Democratic Progressive Party (DPP) Legislator Fan Yun (范雲) and political reform advocates yesterday called for a reduction of the deposit required from people who want to run for public office, saying the current rules have turned the nation’s elections into “a game for the rich,” while marginalizing most people from participatory democracy.
“The system should be open for ordinary citizens to run for public office. It should not have thresholds to rule out people based on wealth and assets,” Fan told a news conference in Taipei.
“That was why I refused to put up the NT$2 million [US$70,582 at the current exchange rate] as a deposit when entering the race for the Taipei mayoral election in 2018,” Fan said.
Photo: Chien Jung-fong, Taipei Times
She filed a lawsuit seeking a constitutional interpretation on the deposit requirement after the Central Election Commission disqualified her for failing to deposit the money and did not allow her to register as a candidate.
“The deposit requirement is unconstitutional, as people are denied equal rights to participate in elections and hold public office,” she said, vowing to appeal a Taipei High Administrative Court ruling against her.
The deposit must be reduced to “reasonable levels,” she said.
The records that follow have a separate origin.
-- ===== src/Web/System.antt =====
-- The running application: the two stores and the handlers at work. A request arrives at any time;
-- any handler may take the next step, which is one call of a store's method.
use query_smith.Prelude.{ℕ, List, [], ◌∷◌}
use query_smith.Float.{Float}
use query_smith.Db.QuerySafety.{Sqlglot}
use query_smith.Adapter.Xml.{Lxml}
use query_smith.Web.Handler.{Stores, no_stores, Handler, access}
use query_smith.Web.App.{Services, Request, handle}

pub record System (F : Type 0) : Type 0 where
  pub stores : Stores F
  pub handlers : List (Handler F)

abbrev pub start_up : {F : Type 0} → System F
start_up = record { stores = no_stores; handlers = [] }

-- One handler takes a step.
pub data Advance {F : Type 0} (s : Stores F)
    : List (Handler F) → Stores F → List (Handler F) → Type 0 where
  here :
      {h : Handler F} {hs : List (Handler F)}
      → Advance s (h ∷ hs) ((access h s).0) ((access h s).1 ∷ hs)
  there :
      {h : Handler F} {hs later : List (Handler F)} {t : Stores F}
      → Advance s hs t later
      → Advance s (h ∷ hs) t (h ∷ later)

-- `world n` is what the injected functions do for the request of number `n`.
module _ (lx : Lxml) (sg : Sqlglot) {F : Type 0} ⦃fl : Float F⦄ (world : ℕ → Services F) where
  pub data Step (s : System F) : System F → Type 0 where
    arrive :
        (n : ℕ) (request : Request F)
        → Step s
            (record { stores = s.stores; handlers = handle lx sg (world n) request ∷ s.handlers })
    advance :
        {t : Stores F} {later : List (Handler F)}
        → Advance s.stores s.handlers t later
        → Step s (record { stores = t; handlers = later })

  pub data Reach : System F → Type 0 where
    start : Reach start_up
    next : {s t : System F} → Reach s → Step s t → Reach t
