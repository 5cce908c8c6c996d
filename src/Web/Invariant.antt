-- ===== src/Web/Invariant.antt =====
-- What holds of the stores, of the handlers at work and of their replies, in every order of steps.
pub mod Handled
pub mod Reached
use query_smith.Prelude.{
  ℕ, String, List, [], ◌∷◌, All, Option, none, some, true, false, ◌≡◌, refl, ◌⊎◌, inl, inr, map,
  ◌==◌, if◌then◌else◌,
}
use query_smith.Prelude.Outcome.{Outcome, ok, err}
use query_smith.Float.{Float}
use query_smith.Ir.{IrPlan}
use query_smith.Rules.Engine.{evaluate}
use query_smith.Narration.Models.{Narration, FixProposal}
use query_smith.Narration.PlanSummary.{summarize_plan}
use query_smith.Narration.FixEngine.{propose_fixes}
use query_smith.Db.QuerySafety.{Sqlglot}
use query_smith.Db.Connection.{ConnectionParams}
use query_smith.Adapter.Xml.{Lxml}
use query_smith.Adapter.Build.{parse_plan_xml}
use query_smith.Web.Schemas.{QueryRequest, ProposeFixRequest, ConnectionStatusResponse}
use query_smith.Db.Catalog.{ViewRef}
use query_smith.Web.Session
use query_smith.Web.LastResult
use query_smith.Web.LastResult.{LastResult}
use query_smith.Web.Handler.{
  connection_status, no_content, view_list, query_report, fix_proposal, Stores, Reply, reply,
  http_exception, internal_error, Handler, answer, is_connected, get_session, set_session,
  clear_session, get_result, set_result, clear_result,
}
use query_smith.Web.Replies.{
  to_query_response, to_propose_fix_response, status_of, not_connected_status, view_item,
}
use query_smith.Web.App.{Services, Request, handle, query_options}
use query_smith.Web.System.{System, Advance, Step, Reach}

-- of the value that is there, or that a call returned
abbrev pub OnSome {ℓ} : {A : Type ℓ} → (A → Type 0) → Option A → Type 0
OnSome P none = Unit
OnSome P (some a) = P a

abbrev pub OnOk {ℓ} : {A : Type ℓ} → (A → Type 0) → Outcome A → Type 0
OnOk P (ok a) = P a
OnOk P (err e) = Unit

module _ (lx : Lxml) (sg : Sqlglot) {F : Type 0} ⦃fl : Float F⦄ (world : ℕ → Services F) where
  -- A connection with these parameters has succeeded.
  abbrev pub Accepted : ConnectionParams F → Type 0
  Accepted p = (n : ℕ) × ((world n).connect_fn p ≡ ok tt)

  -- The summary and the findings are those of the plan captured for a query on such a connection.
  pub record Analysed (r : LastResult F) : Type 0 where
    pub time : ℕ
    pub params : ConnectionParams F
    pub body : QueryRequest F
    pub xml : String
    pub plan : IrPlan F
    pub accepted : Accepted params
    pub captured : (world time).capture_fn params body.query ≡ ok xml
    pub parsed : parse_plan_xml lx (query_options (world time) params body) xml ≡ ok plan
    pub evaluated : evaluate plan ≡ ok r.findings
    pub summarized : r.plan_summary ≡ summarize_plan plan

  -- What a reply tells of the stores as they are: there is a connection with these parameters, or
  -- there is none; the views are those of the connection, the report is on the stored result, and the
  -- fixes are those proposed for it; 409 says that there is no connection or no result, and the reply
  -- without a content that there is no result. Other errors tell nothing.
  abbrev pub Tells : Stores F → Reply F → Type 0
  Tells s (reply (connection_status status)) =
      ((s.session.params ≡ none) × (status ≡ not_connected_status))
      ⊎ ((p : ConnectionParams F) × (s.session.params ≡ some p) × (status ≡ status_of p))
  Tells s (reply no_content) = s.last_result.result ≡ none
  Tells s (reply (view_list response)) =
      (p : ConnectionParams F) × (time : ℕ) × (views : List ViewRef) × (s.session.params ≡ some p)
      × ((world time).list_views_fn p ≡ ok views)
      × (response ≡ record { views = map view_item views })
  Tells s (reply (query_report response)) =
      (r : LastResult F) × (s.last_result.result ≡ some r)
      × (narration : Option Narration) × (response
          ≡ to_query_response r.plan_summary r.findings narration)
  Tells s (reply (fix_proposal response)) =
      (r : LastResult F) × (s.last_result.result ≡ some r)
      × (time : ℕ) × (body : ProposeFixRequest F) × (proposal : FixProposal) × (propose_fixes sg
            r.findings r.plan_summary body.model ((world time).generate_fn body.ollama_timeout_s)
          ≡ ok proposal)
      × (response ≡ to_propose_fix_response proposal)
  Tells s (http_exception status message) =
      if status == 409 then (s.session.params ≡ none) ⊎ (s.last_result.result ≡ none) else Unit
  Tells s internal_error = Unit

  -- A handler that stores only connections that succeeded and analyses, if it is given such values,
  -- and whose reply tells of the stores what its last call has left or found there; `Last` is what
  -- that call has.
  abbrev pub Sound : (Stores F → Type 0) → Handler F → Type 0
  Sound Last (answer r) = (s : Stores F) → Last s → Tells s r
  Sound Last (is_connected k) =
      Sound (λ s. Session.is_connected s.session ≡ true) (k true)
      × Sound (λ s. Session.is_connected s.session ≡ false) (k false)
  Sound Last (get_session k) =
      (got : Outcome (ConnectionParams F))
      → OnOk Accepted got
      → Sound (λ s. Session.get s.session ≡ got) (k got)
  Sound Last (set_session p h) = Accepted p × Sound (λ s. s.session.params ≡ some p) h
  Sound Last (clear_session h) = Sound (λ s. s.session.params ≡ none) h
  Sound Last (get_result k) =
      (got : Outcome (LastResult F))
      → OnOk Analysed got
      → Sound (λ s. LastResult.get s.last_result ≡ got) (k got)
  Sound Last (set_result r h) = Analysed r × Sound (λ s. s.last_result.result ≡ some r) h
  Sound Last (clear_result h) = Sound (λ s. s.last_result.result ≡ none) h

  -- A handler between its steps, when others may have changed the stores.
  abbrev pub Waits : Handler F → Type 0
  Waits = Sound (λ s. ⊥)

  pub Sound-Waits : (Last : Stores F → Type 0) (h : Handler F) → Sound Last h → Waits h
  Sound-Waits Last (answer r) hh = λ s last. absurd last
  Sound-Waits Last (is_connected k) hh = hh
  Sound-Waits Last (get_session k) hh = hh
  Sound-Waits Last (set_session p h) hh = hh
  Sound-Waits Last (clear_session h) hh = hh
  Sound-Waits Last (get_result k) hh = hh
  Sound-Waits Last (set_result r h) hh = hh
  Sound-Waits Last (clear_result h) hh = hh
It is unfair to ask young people or ordinary people to deposit NT$200,000 to register in city and county councilor elections, and NT$50,000 for local borough warden office elections, she added.
Furthermore, a candidate forfeits their deposit if they cannot obtain the votes of at least 10 percent of all eligible voters in an electoral district, Fan said.
“No deposit money is required in France and many US states, where candidates can run for office based on signature drives, or there are very low deposit amounts. Canada, Germany, Ireland and other countries used to require deposits, but they changed their requirements after it was ruled unconstitutional,” she said.
Taiwan Democracy Watch director Chang Feng-yi (張烽益) said that requiring high deposits excludes poor people from running for public office.
In this way, the political system becomes “big money politics” and “turns elections into a game for the rich, excluding most people from our participatory democracy,” Chang said.
Green Party Taiwan convener Liu Chung-hsien (劉崇顯) said that other reforms are needed as well.
The threshold for political parties to receive government subsidies has been set at 3 percent of the number of votes cast in the latest legislative election, which is too high and should be lowered to 1 percent, Liu said.
“This would better conform with the vision for Taiwan’s multiparty diversity in the political landscape, and promote the development of our democratic society,” Liu added.